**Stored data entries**
-- ===== src/Balance/Tests.antt =====
-- The load balancers at concrete inputs, with Euclid's algorithm for `BigInteger.gcd`.
use mq_kafka.Prelude.{
  ℕ, zero, suc, ◌+◌, ◌-◌, ◌*◌, ◌∣◌, ◌≡◌, refl, subst, inl, inr, false, Bool-cases, none, some, List,
  leb, if◌then◌else◌, arith, dvd-add, dvd-zero, dvd_refl, one-dvd,
}
use mq_kafka.Balance.{
  Balancer, Gcd, new_balancer, add_target, remove_target, get, get_loop, pass, max_weight_of,
  target_gcd, gcd_from, reload_weight_params,
}
use mq_kafka.Balance.Shares.{spot, Draws}
use mq_kafka.Balance.Rounds.{tally, weight_of}
use mq_kafka.Balance.Fairness.{IsLoaded, IsFresh, get-shares}
use mq_kafka.Balance.Built.{new, adds, Built-get}
use mq_kafka.Balance.Stuck.{remove_target-get}
use mq_kafka.Balance.Hash.{Server}

euclid : ℕ → ℕ → ℕ → ℕ
euclid fuel zero n = n
euclid fuel (suc m) zero = suc m
euclid zero (suc m) (suc n) = 1
euclid (suc fuel) (suc m) (suc n) =
    let left = euclid fuel (suc m) (n - m) in
    let right = euclid fuel (m - n) (suc n) in if leb m n then left else right

euclid-divides : (fuel m n : ℕ) → (euclid fuel m n ∣ m) × (euclid fuel m n ∣ n)
unfolding euclid
euclid-divides fuel zero n = (dvd-zero n, dvd_refl n)
euclid-divides fuel (suc m) zero = (dvd_refl (suc m), dvd-zero (suc m))
euclid-divides zero (suc m) (suc n) = (one-dvd (suc m), one-dvd (suc n))
euclid-divides (suc fuel) (suc m) (suc n) = elim (Bool-cases (leb m n)) [
  | inl small ↦
      let ih = euclid-divides fuel (suc m) (n - m) in
      let e : suc m + (n - m) ≡ suc n = ground arith in
      rw small (
        ih.0,
        subst (λ k. euclid fuel (suc m) (n - m) ∣ k) e
            (dvd-add (euclid fuel (suc m) (n - m)) ih.0 ih.1),
      )
  | inr big ↦
      let ih = euclid-divides fuel (m - n) (suc n) in
      let e : (m - n) + suc n ≡ suc m = ground arith in
      rw big (
        subst (λ k. euclid fuel (m - n) (suc n) ∣ k) e
            (dvd-add (euclid fuel (m - n) (suc n)) ih.0 ih.1),
        ih.1,
      )
]

math : Gcd
unfolding euclid
math = record {
  gcd = λ m n. euclid (m + n) m n;
  gcd_left = λ m n. (euclid-divides (m + n) m n).0;
  gcd_right = λ m n. (euclid-divides (m + n) m n).1;
  gcd_zero = refl;
}

-- Three targets with the weights 4, 6 and 2.
abbrev three : Balancer
three = add_target math 3 2 (add_target math 2 6 (add_target math 1 4 new_balancer))

three-IsLoaded : IsLoaded math three
unfolding add_target reload_weight_params
three-IsLoaded = record {
  many = omega arith;
  positive = (omega arith, (omega arith, (omega arith, tt)));
  total = refl;
  place = omega arith;
  max = refl;
  divisor = refl;
}

three-gcd : three.gcd_weight ≡ 2
unfolding add_target reload_weight_params target_gcd gcd_from math euclid
three-gcd = refl

three-IsFresh : IsFresh math three
unfolding add_target reload_weight_params
three-IsFresh = record { loaded = three-IsLoaded; index = refl; low = omega arith }

get-shares_example :
    ((picks : List ℕ) × Draws picks three (spot three three.current_index three.gcd_weight)
      × ((x : ℕ) → three.gcd_weight * tally x picks ≡ weight_of x three.targets))
    × IsFresh math (spot three three.current_index three.gcd_weight)
get-shares_example = get-shares math three three-IsFresh

Built-get_example :
    (t : ℕ) × (c : Balancer) × (get ((three.current_weight + 2) * three.total_target) three
      ≡ some (some t, c))
unfolding add_target reload_weight_params
Built-get_example =
    Built-get math three
      (adds 3 2 (omega arith) (adds 2 6 (omega arith) (adds 1 4 (omega arith) new))) (omega arith)

three-get : get 6 three ≡ some (some 2, record three { current_index = 1; current_weight = 6 })
unfolding get add_target reload_weight_params max_weight_of target_gcd gcd_from math euclid pass
    get_loop
three-get = refl

-- The targets 1 and 2 have no weight, and the target 3 was chosen at the weight 5.
abbrev chosen_5 : Balancer
chosen_5 = record (add_target math 3 5 (add_target math 2 0 (add_target math 1 0 new_balancer))) {
  current_weight = 5;
}

remove_target-get_example : get 1000 (remove_target math 3 chosen_5) ≡ none
unfolding remove_target add_target reload_weight_params
remove_target-get_example =
    remove_target-get math 3 chosen_5 (omega arith) (omega arith) (refl, (refl, tt)) 1000

-- The server of the hash is down, and the other one is not chosen.
abbrev down : Server
down = record { id = 1; is_healthy = false }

**DIRECTIONS**
All of the data above should be reproduced verbatim.

**RESULT BELOW**
-- ===== src/Balance/Tests.antt =====
-- The load balancers at concrete inputs, with Euclid's algorithm for `BigInteger.gcd`.
use mq_kafka.Prelude.{
  ℕ, zero, suc, ◌+◌, ◌-◌, ◌*◌, ◌∣◌, ◌≡◌, refl, subst, inl, inr, false, Bool-cases, none, some, List,
  leb, if◌then◌else◌, arith, dvd-add, dvd-zero, dvd_refl, one-dvd,
}
use mq_kafka.Balance.{
  Balancer, Gcd, new_balancer, add_target, remove_target, get, get_loop, pass, max_weight_of,
  target_gcd, gcd_from, reload_weight_params,
}
use mq_kafka.Balance.Shares.{spot, Draws}
use mq_kafka.Balance.Rounds.{tally, weight_of}
use mq_kafka.Balance.Fairness.{IsLoaded, IsFresh, get-shares}
use mq_kafka.Balance.Built.{new, adds, Built-get}
use mq_kafka.Balance.Stuck.{remove_target-get}
use mq_kafka.Balance.Hash.{Server}

euclid : ℕ → ℕ → ℕ → ℕ
euclid fuel zero n = n
euclid fuel (suc m) zero = suc m
euclid zero (suc m) (suc n) = 1
euclid (suc fuel) (suc m) (suc n) =
    let left = euclid fuel (suc m) (n - m) in
    let right = euclid fuel (m - n) (suc n) in if leb m n then left else right

euclid-divides : (fuel m n : ℕ) → (euclid fuel m n ∣ m) × (euclid fuel m n ∣ n)
unfolding euclid
euclid-divides fuel zero n = (dvd-zero n, dvd_refl n)
euclid-divides fuel (suc m) zero = (dvd_refl (suc m), dvd-zero (suc m))
euclid-divides zero (suc m) (suc n) = (one-dvd (suc m), one-dvd (suc n))
euclid-divides (suc fuel) (suc m) (suc n) = elim (Bool-cases (leb m n)) [
  | inl small ↦
      let ih = euclid-divides fuel (suc m) (n - m) in
      let e : suc m + (n - m) ≡ suc n = ground arith in
      rw small (
        ih.0,
        subst (λ k. euclid fuel (suc m) (n - m) ∣ k) e
            (dvd-add (euclid fuel (suc m) (n - m)) ih.0 ih.1),
      )
  | inr big ↦
      let ih = euclid-divides fuel (m - n) (suc n) in
      let e : (m - n) + suc n ≡ suc m = ground arith in
      rw big (
        subst (λ k. euclid fuel (m - n) (suc n) ∣ k) e
            (dvd-add (euclid fuel (m - n) (suc n)) ih.0 ih.1),
        ih.1,
      )
]

math : Gcd
unfolding euclid
math = record {
  gcd = λ m n. euclid (m + n) m n;
  gcd_left = λ m n. (euclid-divides (m + n) m n).0;
  gcd_right = λ m n. (euclid-divides (m + n) m n).1;
  gcd_zero = refl;
}

-- Three targets with the weights 4, 6 and 2.
abbrev three : Balancer
three = add_target math 3 2 (add_target math 2 6 (add_target math 1 4 new_balancer))

three-IsLoaded : IsLoaded math three
unfolding add_target reload_weight_params
three-IsLoaded = record {
  many = omega arith;
  positive = (omega arith, (omega arith, (omega arith, tt)));
  total = refl;
  place = omega arith;
  max = refl;
  divisor = refl;
}

three-gcd : three.gcd_weight ≡ 2
unfolding add_target reload_weight_params target_gcd gcd_from math euclid
three-gcd = refl

three-IsFresh : IsFresh math three
unfolding add_target reload_weight_params
three-IsFresh = record { loaded = three-IsLoaded; index = refl; low = omega arith }

get-shares_example :
    ((picks : List ℕ) × Draws picks three (spot three three.current_index three.gcd_weight)
      × ((x : ℕ) → three.gcd_weight * tally x picks ≡ weight_of x three.targets))
    × IsFresh math (spot three three.current_index three.gcd_weight)
get-shares_example = get-shares math three three-IsFresh

Built-get_example :
    (t : ℕ) × (c : Balancer) × (get ((three.current_weight + 2) * three.total_target) three
      ≡ some (some t, c))
unfolding add_target reload_weight_params
Built-get_example =
    Built-get math three
      (adds 3 2 (omega arith) (adds 2 6 (omega arith) (adds 1 4 (omega arith) new))) (omega arith)

three-get : get 6 three ≡ some (some 2, record three { current_index = 1; current_weight = 6 })
unfolding get add_target reload_weight_params max_weight_of target_gcd gcd_from math euclid pass
    get_loop
three-get = refl

-- The targets 1 and 2 have no weight, and the target 3 was chosen at the weight 5.
abbrev chosen_5 : Balancer
chosen_5 = record (add_target math 3 5 (add_target math 2 0 (add_target math 1 0 new_balancer))) {
  current_weight = 5;
}

remove_target-get_example : get 1000 (remove_target math 3 chosen_5) ≡ none
unfolding remove_target add_target reload_weight_params
remove_target-get_example =
    remove_target-get math 3 chosen_5 (omega arith) (omega arith) (refl, (refl, tt)) 1000

-- The server of the hash is down, and the other one is not chosen.
abbrev down : Server
down = record { id = 1; is_healthy = false }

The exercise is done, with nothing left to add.